Irregular cycles, painful periods, low libido, chronic fatigue, obesity, insulin resistance, or poor sperm quality are not just fertility issues. They are often early warning signs about overall health.
Improving fertility naturally frequently improves long-term wellness as well.
That is why lifestyle medicine matters so profoundly in reproductive health.
What Generation Z Is Asking For
The women in this study were not asking for fear-based messaging. They were asking for education. They wanted clearer information about fertility timelines, infertility treatment, reproductive aging, and ways to protect fertility before problems arise.
I find this encouraging.
Generation Z is often portrayed as overwhelmed or disconnected, but many young people are actually highly motivated to learn about health when given trustworthy information.
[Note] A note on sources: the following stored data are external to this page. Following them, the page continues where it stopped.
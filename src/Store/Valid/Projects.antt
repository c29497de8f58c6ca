-- ===== src/Store/Valid/Projects.antt =====
-- `submit` registers its project: the table `projects` stays valid and the jobs keep theirs.
use mathlib.Core.List.Memᴰ
use remy_cc.Prelude.{
  ℕ, ◌≤◌, ◌<◌, true, ◌≡◌, ◌∙◌, refl, ap, Option, none, some, inl, inr, List, [], ◌∷◌, ◌++◌, Memᴰ,
  arith, Text, text_eq, text_eq_iff, ltb, if◌then◌else◌, Bool-cases, find_if, find_if-none,
  mem-find_if, find_if-append, find_if-update, count_if, count_if-append, count_if_zero,
  count_if-update, unique_of_count, update_if, mem-update_if_cases, mem-append_cases,
  eq_of_mem_singleton,
}
use remy_cc.Job.{Result, ok, ProjectRow}
use remy_cc.Store.Monad.{Store, ◌>>=◌, query_project, has_project_id, next_project_id, programs}
use remy_cc.Store.Submit.{row_id, upsert_project, has_key, upsert_row}
use remy_cc.Store.Monad.Steps.{query_project-bind, then-ok}
use remy_cc.Store.Valid.{Valid}
use remy_cc.Store.Valid.Rules.{then-keeps}

id-lt-next_project_id :
    (ps : List ProjectRow) {p : ProjectRow} → Memᴰ p ps → p.id < next_project_id ps
unfolding next_project_id
id-lt-next_project_id [] m = absurd (Memᴰ.not-nil m)
id-lt-next_project_id (x ∷ xs) {p} m = elim (Memᴰ.cases_cons m) [
  | inl e ↦ let same : p.id ≡ x.id = ap (λ (y : ProjectRow). y.id) e in omega arith
  | inr m' ↦ omega (arith, id-lt-next_project_id xs m')
]

module _ (s : Store) (v : Valid s) (key path db : Text) (now : ℕ) where
  abbrev fresh : ProjectRow
  fresh = record {
    id = next_project_id s.projects;
    project_key = key;
    project_path = path;
    db_path = db;
    created_at = now;
    last_seen_at = now;
  }

  fresh-Valid :
      find_if (has_key key) s.projects ≡ none
      → Valid (record s { projects = s.projects ++ fresh ∷ [] })
  unfolding count_if
  fresh-Valid absent = record {
    checked = v.checked;
    job_ids = v.job_ids;
    one_pending = v.one_pending;
    one_executing = v.one_executing;
    job_project = λ r m.
        let (p, found) = v.job_project r m in (p, find_if-append _ s.projects (fresh ∷ []) found);
    successor = v.successor;
    project_ids = λ i. ground (
      arith,
      count_if-append (has_project_id i) s.projects (fresh ∷ []),
      v.project_ids i,
      unused_id i,
    );
    project_keys = λ k. ground (
      arith,
      count_if-append (has_key k) s.projects (fresh ∷ []),
      v.project_keys k,
      unused_key k,
    );
    published_checked = v.published_checked;
    project_times = λ p m. elim (mem-append_cases s.projects m) [
      | inl old ↦ v.project_times p old
      | inr new ↦ rw (eq_of_mem_singleton new) (omega arith)
    ];
  }
    where
      unused_id : (i : ℕ) → i ≡ fresh.id → count_if (has_project_id i) s.projects ≡ 0
      unused_id i e =
          count_if_zero (has_project_id i) s.projects
            (λ y m. ground (arith, id-lt-next_project_id s.projects m))

      unused_key : (k : Text) → text_eq key k ≡ true → count_if (has_key k) s.projects ≡ 0
      unused_key k e =
          let same = (text_eq_iff key k).0 e in
          count_if_zero (has_key k) s.projects
            (λ y m. rw (← same) (find_if-none (has_key key) s.projects absent y m))

  abbrev seen : ProjectRow → ProjectRow
  seen q = record q { project_path = path; db_path = db; last_seen_at = now }

  seen-Valid :
      (p : ProjectRow)
      → find_if (has_key key) s.projects ≡ some p
      → p.created_at ≤ now
      → Valid (record s { projects = update_if (has_key key) seen s.projects })
  seen-Valid p found later =
      let (mp, kp) = mem-find_if (has_key key) s.projects found in
      record {
        checked = v.checked;
        job_ids = v.job_ids;
        one_pending = v.one_pending;
        one_executing = v.one_executing;
        job_project = λ r m.
            let (q, e) = v.job_project r m in
            (
              if has_key key q then seen q else q,
              rw
                  (find_if-update (has_project_id r.project_id) (has_key key) seen (λ _. refl)
                    s.projects)
                  (rw e),
            );
        successor = v.successor;
        project_ids = λ i.
            rw (count_if-update (has_project_id i) (has_key key) seen (λ _. refl) s.projects)
              (v.project_ids i);
        project_keys = λ k.
            rw (count_if-update (has_key k) (has_key key) seen (λ _. refl) s.projects)
              (v.project_keys k);
        published_checked = v.published_checked;
        project_times = λ q m.
            let (x, mx, e) = mem-update_if_cases (has_key key) seen s.projects m in
            elim (Bool-cases (has_key key x)) [
              | inl t ↦
                  let same =
                    unique_of_count (has_key key) s.projects (v.project_keys key) mx mp t kp in
                  rw (e, t) (rw same later)
              | inr t ↦ rw (e, t) (v.project_times x mx)
            ];
      }

  upsert_row-Valid :
      (old : Option ProjectRow)
      → find_if (has_key key) s.projects ≡ old
      → Valid (upsert_row key path db now old s).1
  unfolding upsert_row programs
  upsert_row-Valid none e = fresh-Valid e
  upsert_row-Valid (some p) e = elim (Bool-cases (ltb now p.created_at)) [
    | inl t ↦ rw t v
    | inr t ↦ rw t (seen-Valid p e (ground arith))
  ]

row_id-ok :
    (q : Option ProjectRow) (s : Store) {i : ℕ}
    → (row_id q s).0 ≡ ok i
    → (p : ProjectRow) × (q ≡ some p) × (p.id ≡ i) × ((row_id q s).1 ≡ s)
unfolding row_id programs
row_id-ok none s h = cc
row_id-ok (some p) s h = (p, refl, cc, refl)

upsert_row-jobs :
    (key path db : Text) (now : ℕ) (old : Option ProjectRow) (s : Store)
    → (upsert_row key path db now old s).1.jobs ≡ s.jobs
unfolding upsert_row programs
upsert_row-jobs key path db now none s = refl
upsert_row-jobs key path db now (some p) s = elim (Bool-cases (ltb now p.created_at)) [
  | inl t ↦ rw t
  | inr t ↦ rw t
]

row_id-same : (q : Option ProjectRow) (s : Store) → (row_id q s).1 ≡ s
unfolding row_id programs
row_id-same none s = refl
row_id-same (some p) s = refl

module _ (key path db : Text) (now : ℕ) (s : Store) where
  abbrev registered : Store
  registered = (upsert_row key path db now (find_if (has_key key) s.projects) s).1

  -- Where the project is registered: its row is found under its key, and its id is returned.
  pub upsert_project-ok :
      {i : ℕ}
      → (upsert_project key path db now s).0 ≡ ok i
      → ((p : ProjectRow) × (find_if (has_key key) (upsert_project key path db now s).1.projects
            ≡ some p)
          × (p.id ≡ i))
        × ((upsert_project key path db now s).1.jobs ≡ s.jobs)
  unfolding upsert_project
  upsert_project-ok h =
      let upsert = upsert_row key path db now (find_if (has_key key) s.projects) in
      let whole = rw query_project-bind at h in
      let (h', after) = then-ok upsert _ s whole in
      let (p, found, id, same) = row_id-ok _ registered (rw query_project-bind at h') in
      let same_end =
        after ∙ ap (λ (x : Result ℕ × Store). x.1) (query_project-bind registered _ _) ∙ same in
      rw query_project-bind (
        (p, rw same_end found, id),
        rw same_end (upsert_row-jobs key path db now (find_if (has_key key) s.projects) s),
      )

  pub upsert_project-Valid : Valid s → Valid (upsert_project key path db now s).1
  unfolding upsert_project
  upsert_project-Valid v =
      let v' = upsert_row-Valid s v key path db now (find_if (has_key key) s.projects) refl in
      rw query_project-bind
        (then-keeps Valid _ _ s v'
          (λ _ _. record { left = rw (query_project-bind registered, row_id-same) v' })).left

  read_id-same : (t : Store) → ((query_project (has_key key) >>= row_id) t).1 ≡ t
  unfolding programs
  read_id-same t = row_id-same _ t

  pub upsert_project-jobs : (upsert_project key path db now s).1.jobs ≡ s.jobs
  unfolding upsert_project
  upsert_project-jobs =
      let same = upsert_row-jobs key path db now (find_if (has_key key) s.projects) s in
      rw query_project-bind
        (then-keeps (λ t. t.jobs ≡ s.jobs) _ _ s same
          (λ _ _. record {
            left = ap (λ (t : Store). t.jobs) (read_id-same registered) ∙ same;
          })).left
They are asking thoughtful questions:
- Should I freeze my eggs?
- How does stress affect fertility?
- What role do microplastics and environmental toxins play?
- Does sleep matter?
- How important is sperm quality?
- Can lifestyle changes improve outcomes?
These are intelligent questions, and they deserve evidence-based answers.
We Need Earlier Fertility Education
I believe fertility education should begin long before someone is struggling to conceive. Ideally, it should become part of broader health education in high school and university settings.
Not to pressure young people into early parenthood.
Not to create anxiety.
But to provide the same kind of preventive knowledge we already offer about heart disease, diabetes, smoking, or nutrition.
Knowledge gives people options.
Without knowledge, many people only discover fertility limitations after years of trying unsuccessfully to conceive.
Men Need Fertility Education Too
Another important issue often overlooked is male fertility. Fertility conversations still place disproportionate responsibility on women, despite the fact that male factors contribute to infertility in approximately half of cases.
Sperm quality is affected by:
- obesity
- smoking and vaping
- alcohol and drug use
- sleep deprivation
- environmental toxins
- heat exposure
- stress
- metabolic disease
Young men also deserve education about protecting their reproductive health.

A More Empowering Conversation
The goal of fertility awareness should never be fear. It should be empowerment.
Women deserve to understand their bodies, their reproductive timelines, and the many factors that influence fertility — while also recognizing that every individual journey is different.
Some women conceive easily later in life.
Some struggle young.
Some require treatment.
Some do not.
But informed decisions are always better than uninformed ones.
I am encouraged that studies like this are beginning to highlight what many clinicians have recognized for years: there is a growing hunger among young women for honest fertility education grounded in both science and compassion.
That conversation is long overdue.
Reference
Clements ML, Sawicki S, Segree N. What are my options? Fertility awareness, infertility treatment awareness, and education needs among Generation Z women. Journal details pending publication information.